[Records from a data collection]
______
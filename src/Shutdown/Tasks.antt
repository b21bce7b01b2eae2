-- ===== src/Shutdown/Tasks.antt =====
-- Tasks that share one coordinator, an atomic access at a time (src/rust/src/shutdown.rs):
-- `begin_request`, the drop of a guard, `start_draining`, `force_shutdown` and `drain`.
use ores_middleware.Prelude.{
  ℕ, zero, suc, ◌+◌, ◌<◌, ◌≡◌, ◌≢◌, Bool, true, false, ◌==◌, if◌then◌else◌,
}
use ores_middleware.Shutdown.{
  running, forced, ShutdownInner, new_inner, enter, release_request, start_draining, force_shutdown,
  notify_waiters,
}

pub data DrainOutcome : Type 0 where
  drained : (active_at_start : ℕ) → DrainOutcome
  timed_out : (remaining : ℕ) → DrainOutcome
  forced_out : (remaining : ℕ) → DrainOutcome

-- What a task does after a `notify_waiters`.
pub data After : Type 0 where
  return : After  -- it leaves the method
  refuse : After  -- it returns the rejection
  measure : After  -- `drain` goes on to its first read of the count
  report : (remaining : ℕ) → After  -- `drain` returns `TimedOut`

-- Where a task stands, with the local variables that are live there. `start` is `active_at_start`,
-- `seen` the epoch at which `notified()` was called.
pub data Pc : Type 0 where
  idle : Pc
  entering : Pc  -- `begin_request` has read `Running`
  registered : Pc  -- it has counted itself, and reads the phase again
  retiring : Pc  -- the second read was not `Running`
  refused : Pc  -- `begin_request` has returned the rejection
  holding : Pc  -- it has returned the guard
  signalling : After → Pc  -- `notify_waiters` comes next
  measuring : Pc  -- `drain`, after `start_draining`
  measured : (start : ℕ) → Pc
  looping : (start : ℕ) → Pc  -- head of the loop
  loop_phase : (start : ℕ) → Pc  -- the count was not 0
  subscribing : (start : ℕ) → Pc  -- before `notified()`
  rechecking : (start seen : ℕ) → Pc
  recheck_phase : (start seen : ℕ) → Pc
  waiting : (start seen : ℕ) → Pc  -- at `changed.await`
  woken : (start : ℕ) → Pc  -- the loop has returned
  interrupted : (start : ℕ) → Pc  -- the guard of `Ok(())` failed
  expired : (start : ℕ) → Pc  -- the timeout came first
  forcing : (remaining : ℕ) → Pc
  done : DrainOutcome → Pc

abbrev pub resume : After → Pc
resume return = idle
resume refuse = refused
resume measure = measuring
resume (report r) = done (timed_out r)

-- where a task goes that may have to notify
abbrev pub signal_if : Bool → After → Pc
signal_if true a = signalling a
signal_if false a = resume a

-- One atomic access of one task.
pub data Move (m : ShutdownInner) : Pc → ShutdownInner → Pc → Type 0 where
  knock : m.phase ≡ running → Move m idle m entering
  turned_away : m.phase ≢ running → Move m idle m refused
  register : Move m entering (enter m) registered
  admit : m.phase ≡ running → Move m registered m holding
  lose_race : m.phase ≢ running → Move m registered m retiring
  retire :
      {m' : ShutdownInner} {p' : Pc}
      → m' ≡ (release_request m).0
      → p' ≡ signal_if (release_request m).1 refuse
      → Move m retiring m' p'
  finish :
      {m' : ShutdownInner} {p' : Pc}
      → m' ≡ (release_request m).0
      → p' ≡ signal_if (release_request m).1 return
      → Move m holding m' p'
  notify : {a : After} → Move m (signalling a) (notify_waiters m) (resume a)
  start :
      {m' : ShutdownInner} {p' : Pc}
      → m' ≡ (start_draining m).0
      → p' ≡ signal_if (start_draining m).1 return
      → Move m idle m' p'
  force : Move m idle (force_shutdown m).0 (signalling return)
  drain :
      {m' : ShutdownInner} {p' : Pc}
      → m' ≡ (start_draining m).0
      → p' ≡ signal_if (start_draining m).1 measure
      → Move m idle m' p'
  count : Move m measuring m (measured m.active_requests)
  drain_forced : {a : ℕ} → m.phase ≡ forced → Move m (measured a) m (done (forced_out a))
  drain_empty : {a : ℕ} → m.phase ≢ forced → a ≡ 0 → Move m (measured a) m (done (drained a))
  drain_wait : {a : ℕ} → m.phase ≢ forced → a ≢ 0 → Move m (measured a) m (looping a)
  loop_zero : {a : ℕ} → m.active_requests ≡ 0 → Move m (looping a) m (woken a)
  loop_busy : {a : ℕ} → m.active_requests ≢ 0 → Move m (looping a) m (loop_phase a)
  loop_forced : {a : ℕ} → m.phase ≡ forced → Move m (loop_phase a) m (woken a)
  loop_go : {a : ℕ} → m.phase ≢ forced → Move m (loop_phase a) m (subscribing a)
  subscribe : {a : ℕ} → Move m (subscribing a) m (rechecking a m.epoch)
  recheck_zero : {a e : ℕ} → m.active_requests ≡ 0 → Move m (rechecking a e) m (woken a)
  recheck_busy : {a e : ℕ} → m.active_requests ≢ 0 → Move m (rechecking a e) m (recheck_phase a e)
  recheck_forced : {a e : ℕ} → m.phase ≡ forced → Move m (recheck_phase a e) m (woken a)
  recheck_go : {a e : ℕ} → m.phase ≢ forced → Move m (recheck_phase a e) m (waiting a e)
  wake : {a e : ℕ} → m.epoch ≢ e → Move m (waiting a e) m (looping a)
  expire : {a e : ℕ} → m.epoch ≡ e → Move m (waiting a e) m (expired a)
  woken_zero : {a : ℕ} → m.active_requests ≡ 0 → Move m (woken a) m (done (drained a))
  woken_busy : {a : ℕ} → m.active_requests ≢ 0 → Move m (woken a) m (interrupted a)
  interrupt : {a : ℕ} → Move m (interrupted a) m (done (forced_out m.active_requests))
  remain : {a : ℕ} → Move m (expired a) m (forcing m.active_requests)
  give_up : {r : ℕ} → Move m (forcing r) (force_shutdown m).0 (signalling (report r))

-- What a move requires, for the proofs that treat several moves at once.
abbrev pub Premise : {m m' : ShutdownInner} {p p' : Pc} → Move m p m' p' → Type 0
Premise {m} (knock g) = m.phase ≡ running
Premise {m} (turned_away g) = m.phase ≢ running
Premise {m} (admit g) = m.phase ≡ running
Premise {m} (lose_race g) = m.phase ≢ running
Premise {m} {m'} {p'} (retire e f) =
    (m' ≡ (release_request m).0) × (p' ≡ signal_if (release_request m).1 refuse)
Premise {m} {m'} {p'} (finish e f) =
    (m' ≡ (release_request m).0) × (p' ≡ signal_if (release_request m).1 return)
Premise {m} {m'} {p'} (start e f) =
    (m' ≡ (start_draining m).0) × (p' ≡ signal_if (start_draining m).1 return)
Premise {m} {m'} {p'} (drain e f) =
    (m' ≡ (start_draining m).0) × (p' ≡ signal_if (start_draining m).1 measure)
Premise {m} (drain_forced g) = m.phase ≡ forced
Premise {m} (drain_empty {a} g h) = (m.phase ≢ forced) × (a ≡ 0)
Premise {m} (drain_wait {a} g h) = (m.phase ≢ forced) × (a ≢ 0)
Premise {m} (loop_zero g) = m.active_requests ≡ 0
Premise {m} (loop_busy g) = m.active_requests ≢ 0
Premise {m} (loop_forced g) = m.phase ≡ forced
Premise {m} (loop_go g) = m.phase ≢ forced
Premise {m} (recheck_zero g) = m.active_requests ≡ 0
Premise {m} (recheck_busy g) = m.active_requests ≢ 0
Premise {m} (recheck_forced g) = m.phase ≡ forced
Premise {m} (recheck_go g) = m.phase ≢ forced
Premise {m} (wake {e} g) = m.epoch ≢ e
Premise {m} (expire {e} g) = m.epoch ≡ e
Premise {m} (woken_zero g) = m.active_requests ≡ 0
Premise {m} (woken_busy g) = m.active_requests ≢ 0
Premise _ = Unit

pub premise : {m m' : ShutdownInner} {p p' : Pc} (mv : Move m p m' p') → Premise mv
premise (knock g) = g
premise (turned_away g) = g
premise (admit g) = g
premise (lose_race g) = g
premise (retire e f) = (e, f)
premise (finish e f) = (e, f)
premise (start e f) = (e, f)
premise (drain e f) = (e, f)
premise (drain_forced g) = g
premise (drain_empty g h) = (g, h)
premise (drain_wait g h) = (g, h)
premise (loop_zero g) = g
premise (loop_busy g) = g
premise (loop_forced g) = g
premise (loop_go g) = g
premise (recheck_zero g) = g
premise (recheck_busy g) = g
premise (recheck_forced g) = g
premise (recheck_go g) = g
premise (wake g) = g
premise (expire g) = g
premise (woken_zero g) = g
premise (woken_busy g) = g
premise _ = tt

abbrev pub update : (ℕ → Pc) → ℕ → Pc → ℕ → Pc
update pc i p j = if j == i then p else pc j

-- Tasks from `n` on never move.
pub record System : Type 0 where
  pub mem : ShutdownInner
  pub pc : ℕ → Pc

pub data Step (n : ℕ) (s : System) : System → Type 0 where
  pick :
      (i : ℕ) {m : ShutdownInner} {p : Pc}
      → i < n
      → Move s.mem (s.pc i) m p
      → Step n s (record { mem = m; pc = update s.pc i p })

-- The states that `n` tasks can bring about from `s`.
pub data Reach (n : ℕ) (s : System) : System → Type 0 where
  here : Reach n s s
  later : {t u : System} → Reach n s t → Step n t u → Reach n s u

abbrev pub init : System
init = record { mem = new_inner; pc = λ _. idle }

abbrev weight_in : (Pc → ℕ) → ℕ → (ℕ → Pc) → ℕ
weight_in w zero pc = 0
weight_in w (suc n) pc = w (pc n) + weight_in w n pc

abbrev pub total : (Pc → ℕ) → ℕ → (ℕ → Pc) → ℕ
total = weight_in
______
Exactly as they appear, write out the lines from the one containing "premise _ = tt" through the final line of the entries above, both included.

premise _ = tt

abbrev pub update : (ℕ → Pc) → ℕ → Pc → ℕ → Pc
update pc i p j = if j == i then p else pc j

-- Tasks from `n` on never move.
pub record System : Type 0 where
  pub mem : ShutdownInner
  pub pc : ℕ → Pc

pub data Step (n : ℕ) (s : System) : System → Type 0 where
  pick :
      (i : ℕ) {m : ShutdownInner} {p : Pc}
      → i < n
      → Move s.mem (s.pc i) m p
      → Step n s (record { mem = m; pc = update s.pc i p })

-- The states that `n` tasks can bring about from `s`.
pub data Reach (n : ℕ) (s : System) : System → Type 0 where
  here : Reach n s s
  later : {t u : System} → Reach n s t → Step n t u → Reach n s u

abbrev pub init : System
init = record { mem = new_inner; pc = λ _. idle }

abbrev weight_in : (Pc → ℕ) → ℕ → (ℕ → Pc) → ℕ
weight_in w zero pc = 0
weight_in w (suc n) pc = w (pc n) + weight_in w n pc

abbrev pub total : (Pc → ℕ) → ℕ → (ℕ → Pc) → ℕ
total = weight_in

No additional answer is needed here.